Work instructions ::
Return the lines below exactly, from the first one through the line that has "add_defs inst operands table". Leave out everything after it.

--- Supplied information ---

-- ===== src/Cfg.antt =====
-- The analyses of the control flow graph (src/cfg.rs). `none` is a panic, or the fuel of the
-- postorder's and the dominator tree's loops spent.
use regalloc2_orig.Prelude.{
  ℕ, zero, suc, Bool, ltb, ◌==◌, if◌then◌else◌, List, [], ◌∷◌, Option, some, ◌>>=◌, ◌>>◌, assert,
  length, get_elem?, set, replicate, u32,
}
use regalloc2_orig.Index
use regalloc2_orig.Index.{Inst, Block}
use regalloc2_orig.Index.InstRange
use regalloc2_orig.ProgPoint
use regalloc2_orig.ProgPoint.{ProgPoint}
use regalloc2_orig.Reg.VReg
use regalloc2_orig.Reg.VReg.{VReg}
use regalloc2_orig.Operand
use regalloc2_orig.Operand.{Operand}
use regalloc2_orig.Function.{Function, items}
use regalloc2_orig.Postorder
use regalloc2_orig.Domtree

pub record CfgInfo : Type 0 where
  pub postorder : List Block
  pub domtree : List Block
  pub insn_block : List Block
  pub vreg_def_inst : List Inst
  pub vreg_def_blockparam : List (Block × ℕ)
  pub block_entry : List ProgPoint
  pub block_exit : List ProgPoint
  pub pred_pos : List ℕ

-- `items[i] = value`
abbrev pub put {ℓ} : {A : Type ℓ} → List A → ℕ → A → Option (List A)
put items i value = do assert (ltb i (length items)); some (set items i value)

-- The parameters of a block, from the one with number `i` on.
unfoldable pub add_params : Block → ℕ → List VReg → List (Block × ℕ) → Option (List (Block × ℕ))
add_params block i [] table = some table
add_params block i (param ∷ params) table = do
  table ← put table (VReg.vreg param) (block, u32 i)
  add_params block (suc i) params table

unfoldable pub add_defs : Inst → List Operand → List Inst → Option (List Inst)
add_defs inst [] table = some table
add_defs inst (operand ∷ operands) table = do
  kind ← Operand.kind operand
  table ← elim kind [
    | Operand.def ↦ (do vreg ← Operand.vreg operand; put table (VReg.vreg vreg) inst)
    | Operand.use_ ↦ some table
  ]
  add_defs inst operands table

-- The instructions of a block: `insn_block` and `vreg_def_inst`.
unfoldable pub add_insts :
    Function → Block → List Inst → List Block → List Inst → Option (List Block × List Inst)
unfolding add_defs
add_insts f block [] insn_block vreg_def_inst = some (insn_block, vreg_def_inst)
add_insts f block (inst ∷ insts) insn_block vreg_def_inst = do
  i ← Index.index inst
  insn_block ← put insn_block i block
  vreg_def_inst ← add_defs inst (f.inst_operands inst) vreg_def_inst
  add_insts f block insts insn_block vreg_def_inst

-- The predecessors of a block that has several, from the one with number `i` on; an edge that is
-- critical panics.
unfoldable pub add_preds : Function → ℕ → List Block → List ℕ → Option (List ℕ)
add_preds f i [] pred_pos = some pred_pos
add_preds f i (pred ∷ preds) pred_pos = do
  assert (length (f.block_succs pred) == 1)
  p ← Index.index pred
  pred_pos ← put pred_pos p i
  add_preds f (suc i) preds pred_pos

-- The body of the loop over the blocks.
unfoldable pub add_block : Function → Block → CfgInfo → Option CfgInfo
unfolding add_params add_insts add_preds
add_block f block info = do
  vreg_def_blockparam ← add_params block 0 (f.block_params block) info.vreg_def_blockparam
  insts ← items (f.block_insns block)
  (insn_block, vreg_def_inst) ← add_insts f block insts info.insn_block info.vreg_def_inst
  i ← Index.index block
  first ← InstRange.first (f.block_insns block)
  block_entry ← put info.block_entry i (ProgPoint.before_inst first)
  last ← InstRange.last (f.block_insns block)
  block_exit ← put info.block_exit i (ProgPoint.after_inst last)
  pred_pos ←
      if ltb 1 (length (f.block_preds block))
      then add_preds f 0 (f.block_preds block) info.pred_pos
      else some info.pred_pos
  some (record info {
    insn_block = insn_block;
    vreg_def_inst = vreg_def_inst;
    vreg_def_blockparam = vreg_def_blockparam;
    block_entry = block_entry;
    block_exit = block_exit;
    pred_pos = pred_pos;
  })

-- The loop over the `count` blocks from number `i` on.
unfoldable pub add_blocks : Function → ℕ → ℕ → CfgInfo → Option CfgInfo
unfolding add_block
add_blocks f zero i info = some info
add_blocks f (suc count) i info = do
  info ← add_block f (Index.new i) info
  add_blocks f count (suc i) info

-- The fuel is that of the loops of `postorder::calculate` and of `domtree::calculate`.
unfoldable pub new : ℕ → ℕ → Function → Option CfgInfo
unfolding add_blocks
new order_fuel tree_fuel f = do
  postorder ← Postorder.calculate order_fuel f.blocks f.entry_block f.block_succs
  domtree ← Domtree.calculate tree_fuel f.blocks f.block_preds postorder f.entry_block
  add_blocks f f.blocks 0 (record {
    postorder = postorder;
    domtree = domtree;
    insn_block = replicate f.insts Index.invalid;
    vreg_def_inst = replicate f.num_vregs Index.invalid;
    vreg_def_blockparam = replicate f.num_vregs (Index.invalid, 0);
    block_entry = replicate f.blocks (ProgPoint.before_inst Index.invalid);
    block_exit = replicate f.blocks (ProgPoint.before_inst Index.invalid);
    pred_pos = replicate f.blocks 0;
  })

unfoldable pub dominates : ℕ → CfgInfo → Block → Block → Option Bool
dominates fuel info a b = Domtree.dominates fuel info.domtree a b

unfoldable pub pred_position : CfgInfo → Block → Option ℕ
pred_position info block = do i ← Index.index block; get_elem? info.pred_pos i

---

Expected output ::
-- ===== src/Cfg.antt =====
-- The analyses of the control flow graph (src/cfg.rs). `none` is a panic, or the fuel of the
-- postorder's and the dominator tree's loops spent.
use regalloc2_orig.Prelude.{
  ℕ, zero, suc, Bool, ltb, ◌==◌, if◌then◌else◌, List, [], ◌∷◌, Option, some, ◌>>=◌, ◌>>◌, assert,
  length, get_elem?, set, replicate, u32,
}
use regalloc2_orig.Index
use regalloc2_orig.Index.{Inst, Block}
use regalloc2_orig.Index.InstRange
use regalloc2_orig.ProgPoint
use regalloc2_orig.ProgPoint.{ProgPoint}
use regalloc2_orig.Reg.VReg
use regalloc2_orig.Reg.VReg.{VReg}
use regalloc2_orig.Operand
use regalloc2_orig.Operand.{Operand}
use regalloc2_orig.Function.{Function, items}
use regalloc2_orig.Postorder
use regalloc2_orig.Domtree

pub record CfgInfo : Type 0 where
  pub postorder : List Block
  pub domtree : List Block
  pub insn_block : List Block
  pub vreg_def_inst : List Inst
  pub vreg_def_blockparam : List (Block × ℕ)
  pub block_entry : List ProgPoint
  pub block_exit : List ProgPoint
  pub pred_pos : List ℕ

-- `items[i] = value`
abbrev pub put {ℓ} : {A : Type ℓ} → List A → ℕ → A → Option (List A)
put items i value = do assert (ltb i (length items)); some (set items i value)

-- The parameters of a block, from the one with number `i` on.
unfoldable pub add_params : Block → ℕ → List VReg → List (Block × ℕ) → Option (List (Block × ℕ))
add_params block i [] table = some table
add_params block i (param ∷ params) table = do
  table ← put table (VReg.vreg param) (block, u32 i)
  add_params block (suc i) params table

unfoldable pub add_defs : Inst → List Operand → List Inst → Option (List Inst)
add_defs inst [] table = some table
add_defs inst (operand ∷ operands) table = do
  kind ← Operand.kind operand
  table ← elim kind [
    | Operand.def ↦ (do vreg ← Operand.vreg operand; put table (VReg.vreg vreg) inst)
    | Operand.use_ ↦ some table
  ]
  add_defs inst operands table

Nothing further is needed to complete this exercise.